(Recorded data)
══════════
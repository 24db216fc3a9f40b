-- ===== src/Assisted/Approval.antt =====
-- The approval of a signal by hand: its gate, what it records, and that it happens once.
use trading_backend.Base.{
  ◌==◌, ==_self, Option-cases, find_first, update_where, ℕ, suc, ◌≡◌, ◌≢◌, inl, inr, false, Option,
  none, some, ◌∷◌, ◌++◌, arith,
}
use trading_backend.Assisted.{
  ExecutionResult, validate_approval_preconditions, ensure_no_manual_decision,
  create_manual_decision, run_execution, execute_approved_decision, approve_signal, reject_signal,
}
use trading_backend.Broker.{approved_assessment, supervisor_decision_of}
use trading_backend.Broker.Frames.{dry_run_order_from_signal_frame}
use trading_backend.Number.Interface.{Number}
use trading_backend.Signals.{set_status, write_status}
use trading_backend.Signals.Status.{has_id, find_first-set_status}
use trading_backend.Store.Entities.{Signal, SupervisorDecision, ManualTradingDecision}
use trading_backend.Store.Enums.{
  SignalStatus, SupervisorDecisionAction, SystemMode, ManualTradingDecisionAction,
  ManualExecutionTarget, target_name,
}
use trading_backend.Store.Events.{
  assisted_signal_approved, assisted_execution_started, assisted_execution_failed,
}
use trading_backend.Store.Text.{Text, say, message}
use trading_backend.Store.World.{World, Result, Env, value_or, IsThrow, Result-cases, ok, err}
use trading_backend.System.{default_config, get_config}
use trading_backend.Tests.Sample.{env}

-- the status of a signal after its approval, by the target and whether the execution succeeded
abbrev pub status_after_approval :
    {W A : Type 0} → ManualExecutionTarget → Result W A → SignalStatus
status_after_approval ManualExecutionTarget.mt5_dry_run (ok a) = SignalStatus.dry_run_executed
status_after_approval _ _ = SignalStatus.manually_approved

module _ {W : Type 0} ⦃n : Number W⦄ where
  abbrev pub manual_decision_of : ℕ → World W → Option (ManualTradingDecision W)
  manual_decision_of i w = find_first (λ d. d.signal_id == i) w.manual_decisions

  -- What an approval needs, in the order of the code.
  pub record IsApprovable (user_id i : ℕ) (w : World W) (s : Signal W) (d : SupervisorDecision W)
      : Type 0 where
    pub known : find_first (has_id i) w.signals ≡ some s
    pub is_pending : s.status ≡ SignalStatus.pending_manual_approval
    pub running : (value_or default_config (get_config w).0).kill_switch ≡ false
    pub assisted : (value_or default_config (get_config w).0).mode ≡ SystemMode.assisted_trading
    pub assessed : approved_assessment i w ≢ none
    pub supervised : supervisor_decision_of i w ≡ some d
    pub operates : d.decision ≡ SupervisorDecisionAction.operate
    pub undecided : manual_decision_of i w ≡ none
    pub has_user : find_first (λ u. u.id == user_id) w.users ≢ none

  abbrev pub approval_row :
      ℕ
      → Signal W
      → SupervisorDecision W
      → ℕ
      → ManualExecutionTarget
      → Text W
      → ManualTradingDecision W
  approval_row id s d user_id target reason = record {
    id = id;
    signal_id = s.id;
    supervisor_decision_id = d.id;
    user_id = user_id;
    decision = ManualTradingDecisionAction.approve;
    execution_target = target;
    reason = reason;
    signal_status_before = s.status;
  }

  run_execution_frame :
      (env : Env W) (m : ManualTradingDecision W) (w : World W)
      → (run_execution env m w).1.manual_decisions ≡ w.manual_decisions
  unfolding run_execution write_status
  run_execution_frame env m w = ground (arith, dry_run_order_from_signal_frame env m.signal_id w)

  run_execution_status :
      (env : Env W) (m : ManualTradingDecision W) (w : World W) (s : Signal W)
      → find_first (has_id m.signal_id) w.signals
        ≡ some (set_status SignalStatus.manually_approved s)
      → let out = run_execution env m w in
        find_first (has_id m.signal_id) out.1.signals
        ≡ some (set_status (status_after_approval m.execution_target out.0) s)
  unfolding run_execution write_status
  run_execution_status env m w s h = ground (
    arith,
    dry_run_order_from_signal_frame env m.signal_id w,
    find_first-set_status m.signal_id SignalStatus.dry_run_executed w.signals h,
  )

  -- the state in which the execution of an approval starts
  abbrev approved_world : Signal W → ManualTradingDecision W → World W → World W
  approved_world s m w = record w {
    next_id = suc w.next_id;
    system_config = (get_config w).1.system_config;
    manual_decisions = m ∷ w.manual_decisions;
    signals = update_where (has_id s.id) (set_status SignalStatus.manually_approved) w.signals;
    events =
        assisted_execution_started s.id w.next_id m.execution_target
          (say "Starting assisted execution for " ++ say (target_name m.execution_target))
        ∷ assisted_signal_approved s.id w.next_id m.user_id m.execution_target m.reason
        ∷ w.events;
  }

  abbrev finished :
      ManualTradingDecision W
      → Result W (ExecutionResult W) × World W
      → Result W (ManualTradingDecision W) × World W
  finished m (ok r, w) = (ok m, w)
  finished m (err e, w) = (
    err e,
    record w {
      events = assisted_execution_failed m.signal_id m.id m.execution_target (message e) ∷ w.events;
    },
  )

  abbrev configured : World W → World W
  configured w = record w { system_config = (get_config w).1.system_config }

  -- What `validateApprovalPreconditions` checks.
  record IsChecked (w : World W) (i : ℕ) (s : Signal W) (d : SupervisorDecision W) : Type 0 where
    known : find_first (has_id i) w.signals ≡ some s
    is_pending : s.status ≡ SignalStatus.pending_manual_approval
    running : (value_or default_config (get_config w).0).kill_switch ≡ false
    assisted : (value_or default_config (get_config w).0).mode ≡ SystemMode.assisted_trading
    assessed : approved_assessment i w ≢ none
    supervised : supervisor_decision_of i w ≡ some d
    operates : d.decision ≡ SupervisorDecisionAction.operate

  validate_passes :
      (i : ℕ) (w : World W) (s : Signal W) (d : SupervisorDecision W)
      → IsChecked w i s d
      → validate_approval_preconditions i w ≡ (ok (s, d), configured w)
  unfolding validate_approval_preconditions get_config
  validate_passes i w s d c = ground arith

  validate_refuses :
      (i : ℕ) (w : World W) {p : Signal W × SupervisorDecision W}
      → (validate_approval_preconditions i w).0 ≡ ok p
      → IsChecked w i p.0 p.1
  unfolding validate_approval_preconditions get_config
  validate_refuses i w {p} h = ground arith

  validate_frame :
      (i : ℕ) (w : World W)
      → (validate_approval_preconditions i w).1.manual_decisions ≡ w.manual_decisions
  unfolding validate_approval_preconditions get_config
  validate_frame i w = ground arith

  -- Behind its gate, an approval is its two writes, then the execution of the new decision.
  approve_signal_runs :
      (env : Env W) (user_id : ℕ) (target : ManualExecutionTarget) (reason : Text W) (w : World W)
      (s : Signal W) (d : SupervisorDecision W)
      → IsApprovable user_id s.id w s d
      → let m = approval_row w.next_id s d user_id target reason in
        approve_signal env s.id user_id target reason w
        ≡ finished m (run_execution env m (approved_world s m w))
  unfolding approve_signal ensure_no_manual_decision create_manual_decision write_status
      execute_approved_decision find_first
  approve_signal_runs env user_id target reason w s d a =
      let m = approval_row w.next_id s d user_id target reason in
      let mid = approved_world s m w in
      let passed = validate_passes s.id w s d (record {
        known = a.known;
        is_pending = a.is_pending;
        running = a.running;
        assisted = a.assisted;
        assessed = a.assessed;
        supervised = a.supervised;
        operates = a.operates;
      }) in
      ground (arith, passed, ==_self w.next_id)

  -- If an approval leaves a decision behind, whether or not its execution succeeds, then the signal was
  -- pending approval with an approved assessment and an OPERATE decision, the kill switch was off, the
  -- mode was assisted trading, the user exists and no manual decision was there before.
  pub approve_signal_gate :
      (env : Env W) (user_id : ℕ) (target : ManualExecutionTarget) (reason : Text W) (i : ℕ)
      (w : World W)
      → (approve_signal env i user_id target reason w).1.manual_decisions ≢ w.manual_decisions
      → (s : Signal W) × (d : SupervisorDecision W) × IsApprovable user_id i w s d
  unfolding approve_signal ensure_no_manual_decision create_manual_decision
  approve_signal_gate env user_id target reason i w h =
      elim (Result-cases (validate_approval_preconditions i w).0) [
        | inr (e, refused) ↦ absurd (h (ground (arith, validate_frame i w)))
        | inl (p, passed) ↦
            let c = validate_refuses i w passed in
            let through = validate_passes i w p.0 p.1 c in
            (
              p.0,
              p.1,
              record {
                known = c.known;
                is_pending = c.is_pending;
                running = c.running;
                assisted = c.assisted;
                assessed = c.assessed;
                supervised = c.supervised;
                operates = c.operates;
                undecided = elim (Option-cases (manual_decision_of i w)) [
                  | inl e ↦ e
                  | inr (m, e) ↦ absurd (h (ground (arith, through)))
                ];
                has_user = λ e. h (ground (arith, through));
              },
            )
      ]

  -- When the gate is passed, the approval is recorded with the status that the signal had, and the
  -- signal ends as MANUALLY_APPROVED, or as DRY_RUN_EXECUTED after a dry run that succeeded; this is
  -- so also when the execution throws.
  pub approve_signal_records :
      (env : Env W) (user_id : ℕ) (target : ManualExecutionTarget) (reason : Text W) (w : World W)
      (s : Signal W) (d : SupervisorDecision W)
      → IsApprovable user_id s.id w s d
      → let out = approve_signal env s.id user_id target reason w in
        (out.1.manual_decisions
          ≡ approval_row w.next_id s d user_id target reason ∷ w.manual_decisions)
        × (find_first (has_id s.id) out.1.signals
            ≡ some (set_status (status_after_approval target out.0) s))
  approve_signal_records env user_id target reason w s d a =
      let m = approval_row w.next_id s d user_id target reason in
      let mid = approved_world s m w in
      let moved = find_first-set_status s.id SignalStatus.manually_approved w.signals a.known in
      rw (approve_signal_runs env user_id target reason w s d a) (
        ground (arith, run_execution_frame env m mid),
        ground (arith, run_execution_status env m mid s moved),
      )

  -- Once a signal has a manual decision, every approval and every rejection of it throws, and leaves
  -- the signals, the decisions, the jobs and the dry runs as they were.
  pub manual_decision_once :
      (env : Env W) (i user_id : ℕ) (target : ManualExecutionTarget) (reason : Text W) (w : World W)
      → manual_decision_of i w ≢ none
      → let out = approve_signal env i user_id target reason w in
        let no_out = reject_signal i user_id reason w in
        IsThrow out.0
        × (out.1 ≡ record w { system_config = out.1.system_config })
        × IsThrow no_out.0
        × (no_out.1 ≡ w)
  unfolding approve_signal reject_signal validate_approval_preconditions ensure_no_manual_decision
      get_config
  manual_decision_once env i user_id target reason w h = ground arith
══════════
(What the exercise asks)
Within the entries, count the lines that contain the word "throws". Give that number and no more.

(Result of the exercise)
2